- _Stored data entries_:

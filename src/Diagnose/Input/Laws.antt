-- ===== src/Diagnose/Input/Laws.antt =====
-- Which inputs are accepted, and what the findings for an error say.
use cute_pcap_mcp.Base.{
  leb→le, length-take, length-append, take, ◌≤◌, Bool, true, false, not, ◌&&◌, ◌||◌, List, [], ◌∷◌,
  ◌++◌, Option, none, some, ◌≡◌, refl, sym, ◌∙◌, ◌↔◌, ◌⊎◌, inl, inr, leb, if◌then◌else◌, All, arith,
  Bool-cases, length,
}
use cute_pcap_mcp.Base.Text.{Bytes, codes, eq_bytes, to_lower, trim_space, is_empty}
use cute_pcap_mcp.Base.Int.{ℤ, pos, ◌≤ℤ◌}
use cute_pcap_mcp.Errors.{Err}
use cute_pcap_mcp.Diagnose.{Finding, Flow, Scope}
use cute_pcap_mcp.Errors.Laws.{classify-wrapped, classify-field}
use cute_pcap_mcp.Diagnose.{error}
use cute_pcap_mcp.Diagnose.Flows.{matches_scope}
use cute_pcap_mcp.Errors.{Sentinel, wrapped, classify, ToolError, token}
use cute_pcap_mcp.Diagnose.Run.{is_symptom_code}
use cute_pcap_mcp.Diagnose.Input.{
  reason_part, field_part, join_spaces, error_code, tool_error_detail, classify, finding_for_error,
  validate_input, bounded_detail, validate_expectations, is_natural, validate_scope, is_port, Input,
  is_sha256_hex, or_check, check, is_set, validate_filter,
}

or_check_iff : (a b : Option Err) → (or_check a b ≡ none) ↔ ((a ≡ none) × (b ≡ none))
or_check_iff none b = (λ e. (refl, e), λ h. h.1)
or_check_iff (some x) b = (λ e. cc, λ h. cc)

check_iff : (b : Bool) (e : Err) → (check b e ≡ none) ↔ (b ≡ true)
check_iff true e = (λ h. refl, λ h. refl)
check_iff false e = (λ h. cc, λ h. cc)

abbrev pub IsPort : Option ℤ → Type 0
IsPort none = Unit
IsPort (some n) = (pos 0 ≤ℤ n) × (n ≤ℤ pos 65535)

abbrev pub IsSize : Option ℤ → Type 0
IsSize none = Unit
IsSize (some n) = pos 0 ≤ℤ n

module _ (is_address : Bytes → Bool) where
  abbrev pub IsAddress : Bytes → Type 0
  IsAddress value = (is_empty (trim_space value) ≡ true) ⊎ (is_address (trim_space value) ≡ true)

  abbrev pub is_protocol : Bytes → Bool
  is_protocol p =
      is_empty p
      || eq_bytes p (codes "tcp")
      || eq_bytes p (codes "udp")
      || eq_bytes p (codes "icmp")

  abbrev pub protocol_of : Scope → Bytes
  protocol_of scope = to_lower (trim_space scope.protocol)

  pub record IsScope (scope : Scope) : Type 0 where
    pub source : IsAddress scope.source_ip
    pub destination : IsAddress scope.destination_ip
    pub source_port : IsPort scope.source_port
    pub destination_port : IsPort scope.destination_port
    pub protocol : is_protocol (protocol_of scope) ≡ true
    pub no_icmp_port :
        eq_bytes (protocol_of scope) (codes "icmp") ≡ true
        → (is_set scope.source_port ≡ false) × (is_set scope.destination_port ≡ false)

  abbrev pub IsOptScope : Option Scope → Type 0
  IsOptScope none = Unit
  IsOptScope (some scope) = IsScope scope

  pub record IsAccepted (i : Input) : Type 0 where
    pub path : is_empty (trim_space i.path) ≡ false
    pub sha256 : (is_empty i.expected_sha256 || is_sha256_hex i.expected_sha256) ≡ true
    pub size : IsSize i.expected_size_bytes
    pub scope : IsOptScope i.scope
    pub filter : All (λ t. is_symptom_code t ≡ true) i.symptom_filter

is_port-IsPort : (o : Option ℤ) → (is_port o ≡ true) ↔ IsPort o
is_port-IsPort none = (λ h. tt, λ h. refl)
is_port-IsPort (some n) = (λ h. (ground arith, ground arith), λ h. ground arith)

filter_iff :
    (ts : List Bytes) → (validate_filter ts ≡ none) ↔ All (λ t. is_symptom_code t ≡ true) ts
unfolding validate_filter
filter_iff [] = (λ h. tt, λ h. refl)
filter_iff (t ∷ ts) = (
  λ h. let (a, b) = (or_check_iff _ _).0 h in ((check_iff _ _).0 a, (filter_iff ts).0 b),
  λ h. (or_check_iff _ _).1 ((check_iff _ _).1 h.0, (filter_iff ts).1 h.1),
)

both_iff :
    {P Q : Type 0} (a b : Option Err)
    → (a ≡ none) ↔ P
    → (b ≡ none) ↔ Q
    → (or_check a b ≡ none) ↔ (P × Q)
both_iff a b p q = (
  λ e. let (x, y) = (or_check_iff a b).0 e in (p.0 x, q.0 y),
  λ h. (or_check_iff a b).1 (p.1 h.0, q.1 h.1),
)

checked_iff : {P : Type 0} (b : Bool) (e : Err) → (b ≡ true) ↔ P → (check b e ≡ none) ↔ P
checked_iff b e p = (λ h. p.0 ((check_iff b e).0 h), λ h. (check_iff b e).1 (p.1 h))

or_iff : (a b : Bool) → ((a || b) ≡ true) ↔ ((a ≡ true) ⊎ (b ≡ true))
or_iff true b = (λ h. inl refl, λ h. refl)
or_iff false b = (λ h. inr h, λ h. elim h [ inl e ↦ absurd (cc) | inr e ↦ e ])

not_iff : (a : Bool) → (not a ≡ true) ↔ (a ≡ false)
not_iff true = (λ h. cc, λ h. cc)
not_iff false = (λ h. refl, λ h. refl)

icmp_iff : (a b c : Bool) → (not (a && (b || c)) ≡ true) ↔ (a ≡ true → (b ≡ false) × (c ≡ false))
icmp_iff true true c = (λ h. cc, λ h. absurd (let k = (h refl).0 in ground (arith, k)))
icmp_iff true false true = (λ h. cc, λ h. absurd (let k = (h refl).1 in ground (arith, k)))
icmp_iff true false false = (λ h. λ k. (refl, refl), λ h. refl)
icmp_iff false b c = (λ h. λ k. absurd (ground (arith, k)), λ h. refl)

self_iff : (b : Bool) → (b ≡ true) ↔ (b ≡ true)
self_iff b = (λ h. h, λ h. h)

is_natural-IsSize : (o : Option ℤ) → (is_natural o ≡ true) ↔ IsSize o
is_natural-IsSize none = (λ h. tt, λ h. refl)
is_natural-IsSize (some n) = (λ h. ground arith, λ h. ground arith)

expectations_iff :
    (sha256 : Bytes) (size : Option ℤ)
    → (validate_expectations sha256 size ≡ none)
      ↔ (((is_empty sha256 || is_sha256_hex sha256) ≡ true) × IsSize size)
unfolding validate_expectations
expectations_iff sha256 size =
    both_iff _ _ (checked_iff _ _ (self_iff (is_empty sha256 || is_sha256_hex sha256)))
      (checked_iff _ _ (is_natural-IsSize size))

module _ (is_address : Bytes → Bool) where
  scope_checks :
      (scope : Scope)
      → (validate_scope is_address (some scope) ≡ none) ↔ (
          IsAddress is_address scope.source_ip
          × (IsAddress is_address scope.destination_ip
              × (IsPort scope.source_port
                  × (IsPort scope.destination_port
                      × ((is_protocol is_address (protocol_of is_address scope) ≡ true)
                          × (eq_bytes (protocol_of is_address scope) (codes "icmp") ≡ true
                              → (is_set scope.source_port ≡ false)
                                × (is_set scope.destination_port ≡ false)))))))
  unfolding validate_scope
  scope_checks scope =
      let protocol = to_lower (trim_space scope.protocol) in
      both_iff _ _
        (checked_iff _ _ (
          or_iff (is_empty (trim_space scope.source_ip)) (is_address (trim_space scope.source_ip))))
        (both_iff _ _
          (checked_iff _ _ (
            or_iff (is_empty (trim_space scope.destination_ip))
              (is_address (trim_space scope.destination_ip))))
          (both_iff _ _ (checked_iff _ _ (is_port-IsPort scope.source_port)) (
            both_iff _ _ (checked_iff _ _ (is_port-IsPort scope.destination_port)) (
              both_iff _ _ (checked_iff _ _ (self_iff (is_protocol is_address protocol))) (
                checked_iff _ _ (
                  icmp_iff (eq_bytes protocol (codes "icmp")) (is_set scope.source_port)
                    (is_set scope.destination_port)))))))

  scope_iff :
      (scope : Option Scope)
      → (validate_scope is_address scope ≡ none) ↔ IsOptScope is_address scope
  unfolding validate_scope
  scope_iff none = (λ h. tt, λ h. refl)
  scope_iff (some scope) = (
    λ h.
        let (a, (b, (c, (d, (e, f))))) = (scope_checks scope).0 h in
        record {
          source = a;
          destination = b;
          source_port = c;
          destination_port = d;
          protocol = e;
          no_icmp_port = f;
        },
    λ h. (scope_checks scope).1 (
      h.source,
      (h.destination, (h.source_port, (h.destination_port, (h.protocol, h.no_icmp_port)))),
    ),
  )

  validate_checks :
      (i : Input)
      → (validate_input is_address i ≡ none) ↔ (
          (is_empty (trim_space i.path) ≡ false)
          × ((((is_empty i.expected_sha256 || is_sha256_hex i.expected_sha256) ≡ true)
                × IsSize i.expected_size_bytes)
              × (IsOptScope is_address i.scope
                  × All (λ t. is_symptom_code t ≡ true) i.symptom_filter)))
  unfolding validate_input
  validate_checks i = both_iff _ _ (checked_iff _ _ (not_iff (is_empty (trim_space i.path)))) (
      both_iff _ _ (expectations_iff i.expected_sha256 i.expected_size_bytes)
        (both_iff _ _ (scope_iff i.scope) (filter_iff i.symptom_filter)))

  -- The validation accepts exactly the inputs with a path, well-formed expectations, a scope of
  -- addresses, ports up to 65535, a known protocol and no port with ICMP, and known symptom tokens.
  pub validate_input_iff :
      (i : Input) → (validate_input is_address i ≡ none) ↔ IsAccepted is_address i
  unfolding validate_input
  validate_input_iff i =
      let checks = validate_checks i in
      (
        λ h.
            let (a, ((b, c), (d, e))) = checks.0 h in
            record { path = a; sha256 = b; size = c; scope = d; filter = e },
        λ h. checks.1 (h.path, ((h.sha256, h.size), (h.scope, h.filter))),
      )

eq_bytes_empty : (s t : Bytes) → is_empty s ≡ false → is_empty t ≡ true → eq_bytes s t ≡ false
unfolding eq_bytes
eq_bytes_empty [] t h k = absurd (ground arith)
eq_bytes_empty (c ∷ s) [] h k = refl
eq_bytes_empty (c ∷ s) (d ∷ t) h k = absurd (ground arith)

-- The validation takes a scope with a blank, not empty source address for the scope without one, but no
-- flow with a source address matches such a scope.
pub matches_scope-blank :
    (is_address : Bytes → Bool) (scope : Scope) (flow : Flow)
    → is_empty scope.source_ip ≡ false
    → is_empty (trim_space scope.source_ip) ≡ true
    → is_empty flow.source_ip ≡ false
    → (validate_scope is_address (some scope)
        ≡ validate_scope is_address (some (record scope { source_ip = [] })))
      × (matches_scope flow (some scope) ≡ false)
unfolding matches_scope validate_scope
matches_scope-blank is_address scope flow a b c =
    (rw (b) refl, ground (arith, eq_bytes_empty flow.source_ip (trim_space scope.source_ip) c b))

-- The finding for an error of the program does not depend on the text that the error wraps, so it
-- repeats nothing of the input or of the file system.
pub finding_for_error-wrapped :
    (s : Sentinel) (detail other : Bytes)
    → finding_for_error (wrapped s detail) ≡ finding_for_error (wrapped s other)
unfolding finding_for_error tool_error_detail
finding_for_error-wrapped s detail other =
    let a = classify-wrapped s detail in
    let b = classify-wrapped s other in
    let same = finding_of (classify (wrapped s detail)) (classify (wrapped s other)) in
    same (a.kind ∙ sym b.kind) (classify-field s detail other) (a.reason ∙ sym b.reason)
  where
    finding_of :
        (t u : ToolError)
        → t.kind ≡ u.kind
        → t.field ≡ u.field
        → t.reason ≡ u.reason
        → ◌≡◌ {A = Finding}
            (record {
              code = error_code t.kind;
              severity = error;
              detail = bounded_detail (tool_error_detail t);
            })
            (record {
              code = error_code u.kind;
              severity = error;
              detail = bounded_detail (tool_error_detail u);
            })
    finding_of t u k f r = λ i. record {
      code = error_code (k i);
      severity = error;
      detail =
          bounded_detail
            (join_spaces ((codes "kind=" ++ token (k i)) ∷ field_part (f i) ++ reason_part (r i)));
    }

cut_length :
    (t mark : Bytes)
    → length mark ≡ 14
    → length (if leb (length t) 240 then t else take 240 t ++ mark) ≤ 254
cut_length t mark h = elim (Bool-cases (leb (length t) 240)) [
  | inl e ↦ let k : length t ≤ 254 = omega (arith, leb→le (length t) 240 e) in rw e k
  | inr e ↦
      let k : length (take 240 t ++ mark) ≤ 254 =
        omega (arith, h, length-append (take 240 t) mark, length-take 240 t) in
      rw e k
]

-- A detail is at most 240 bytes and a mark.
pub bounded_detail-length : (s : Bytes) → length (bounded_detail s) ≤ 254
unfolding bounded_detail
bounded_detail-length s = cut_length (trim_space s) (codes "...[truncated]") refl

- _TASK_: Search each line of the data above for "elim", and copy the lines where it occurs.

- _SOLUTION TO THE PROBLEM_:
or_iff false b = (λ h. inr h, λ h. elim h [ inl e ↦ absurd (cc) | inr e ↦ e ])
cut_length t mark h = elim (Bool-cases (leb (length t) 240)) [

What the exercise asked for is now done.